Feb 7 (Reuters) - Aquarius Platinum Ltd, the world’s fourth-biggest platinum miner, reported a lower half-year loss as a rise in output from its Kroondal mine in South Africa lessened the impact of a drop in prices of platinum group metals (PGMs).
Aquarius, which operates mainly in the strike-prone South African platinum belt, reported a headline loss of $22 million for the half year ended Dec. 31, down from $56 million in the same period a year earlier.
Revenue slipped 2 percent to $113 million, while attributable production increased 7 percent to 168,014 PGM ounces. PGM metals include palladium, iridium and other metals.
The average U.S dollar PGM basket price dropped 5 percent in the half-year from the same period a year earlier, Aquarius said, while the rand basket price rose 13 percent as the South African currency weakened.
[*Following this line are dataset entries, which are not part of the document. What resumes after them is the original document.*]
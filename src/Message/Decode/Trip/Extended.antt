-- ===== src/Message/Decode/Trip/Extended.antt =====
-- A message of a later version of its definition, read by `pb_decode` with the table of an earlier one.
use ios_college_work.Common.{ℕ, suc, ◌≡◌, ap, Option, List, ◌++◌, length, All, ok}
use ios_college_work.Stream.Errors.{Error}
use ios_college_work.Stream.Buffers.{input}
use ios_college_work.Message.Memory.{Mem}
use ios_college_work.Message.Field.{Field}
use ios_college_work.Message.Encode.Env.{Env}
use ios_college_work.Message.Encode.Contract.Items.{IsMem}
use ios_college_work.Message.Decode.Machine.{machine}
use ios_college_work.Message.Decode.Env.{DecodeEnv}
use ios_college_work.Message.Decode.Messages.{pb_decode_noinit, pb_decode}
use ios_college_work.Message.Decode.Trip.Takes.{Kept}
use ios_college_work.Message.Decode.Trip.Whole.{padded}
use ios_college_work.Message.Decode.Trip.Plan.{field_bytes, SameFields, IsCleared, IsTrip}
use ios_college_work.Message.Decode.Trip.Entry.{ReadyAt, SameAt}
use ios_college_work.Message.Decode.Trip.Messages.{
  IsNested, lo, hi, messages-NestedTrip, padded-Took,
}
use ios_college_work.Message.Decode.Trip.Unknown.{Foreign, IsForeign, all_bytes, Fed-all_bytes}
use ios_college_work.Message.Decode.Trip.Final.{Took-decoded}

-- The fields of the entries in the order of the table, with others in front of each and behind the last.
abbrev pub extended_bytes :
    (depth : ℕ) (table : ℕ → List Field) (m : Mem)
    → List Field
    → (src : ℕ) → (gaps : ℕ → List Foreign) → List ℕ
extended_bytes depth table m fields src gaps =
    padded (λ k. all_bytes (gaps k)) (field_bytes depth table m fields src) (length fields) 0

module _ {m : Mem} (mem : IsMem m) (env : Env) (denv : DecodeEnv) (tables : denv.table ≡ env.table)
    (depth : ℕ) (fields : List Field) (src dest top : ℕ)
    (trip : IsTrip (suc depth) env.table m fields src dest top) where
  same : (p : ℕ) → denv.table p ≡ env.table p
  same p = ap (λ (t : ℕ → List Field). t p) tables

  nested : IsNested mem env denv same depth
  nested = messages-NestedTrip mem env denv same depth

  -- The structure at `src` has a table that is read in its order, with an entry at least: no terminator inside, no oneof, no entry for extensions,
  -- every tag once, and fewer than 64 required fields and not 32. Its fields are static, required or optional with a stored
  -- `has_` byte, of any LTYPE, with the `data_size` of their C type, bytes arrays that fit, strings with their terminator
  -- within it, and submessages below 2 ^ 32 bytes, themselves of this kind and nested less than `suc depth` deep. At `dest` is a
  -- place for another one where the fields stand one behind the other before `top`, the `has_` byte of an optional one in
  -- front of its data.
  -- The bytes are its fields in the order of the table, each that is there as its tag and its value, with any number
  -- of other fields in front of each and behind the last: varints below 2 ^ 64, fixed-size values, and strings below 2 ^ 32
  -- bytes, with field numbers below 2 ^ 29 that are not 0 and not in the table. Then `pb_decode`, with the same tables, takes it all from a
  -- substream of its size, whatever the memory holds and whatever stands behind: it succeeds, skips the other fields, leaves
  -- the stream right behind the message and the memory outside of `dest` to `top` as it was, and the structure at `dest` has
  -- the fields of the one at `src`.
  pub extended-roundtrip :
      (gaps : ℕ → List Foreign)
      → ((k : ℕ) → All (λ u. IsForeign fields u) (gaps k))
      → (m' : Mem) (rest : List ℕ) (e : Option Error)
      → (after : Mem) × (pb_decode (suc depth) denv fields dest (
            machine
              (input
                (extended_bytes depth env.table m fields src gaps ++ rest)
                (length (extended_bytes depth env.table m fields src gaps))
                e)
              m')
          ≡ ok tt (machine (input rest 0 e) after))
        × Kept dest top m' after
        × SameFields (suc depth) env.table m fields src dest after
  extended-roundtrip gaps foreign m' rest e =
      Took-decoded mem env denv tables (suc depth) fields src dest top trip
        (extended_bytes depth env.table m fields src gaps) m' rest e
        λ clear ready.
          padded-Took mem env denv same depth nested fields src dest top trip
            (λ k. all_bytes (gaps k))
            (λ k bs iter ws range seen next.
              Fed-all_bytes fields dest trip.0 depth denv (pb_decode_noinit depth denv)
                (lo mem env denv same depth nested fields src dest top trip)
                (hi mem env denv same depth nested fields src dest top trip)
                (ReadyAt env.table fields dest (IsCleared depth env.table))
                (SameAt env.table fields dest (SameFields depth env.table m) m src) (gaps k)
                (foreign k) k iter ws range seen next)
            clear ready rest e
The company said it was concerned that dollar-denominated metal prices fell despite a primary deficit in PGM metal markets during 2013, which is forecast to increase in 2014.
Aquarius said regulatory uncertainty in South Africa and Zimbabwe and the precarious state of South African industrial relations have also made longer-term planning difficult.
The world’s top three platinum miners are trying to hammer out wage agreements with South Africa’s largest labour body, the Association of Mineworkers and Construction Union, to end to a two-week strike that the country’s Chamber of Mines says is costing the industry about $18 million a day in revenue.
AMCU members walked out at Anglo American Platinum Ltd , Impala Platinum Holdings Ltd and Lonmin Plc on Jan. 23. Workers at Aquarius’s main operations are not on strike.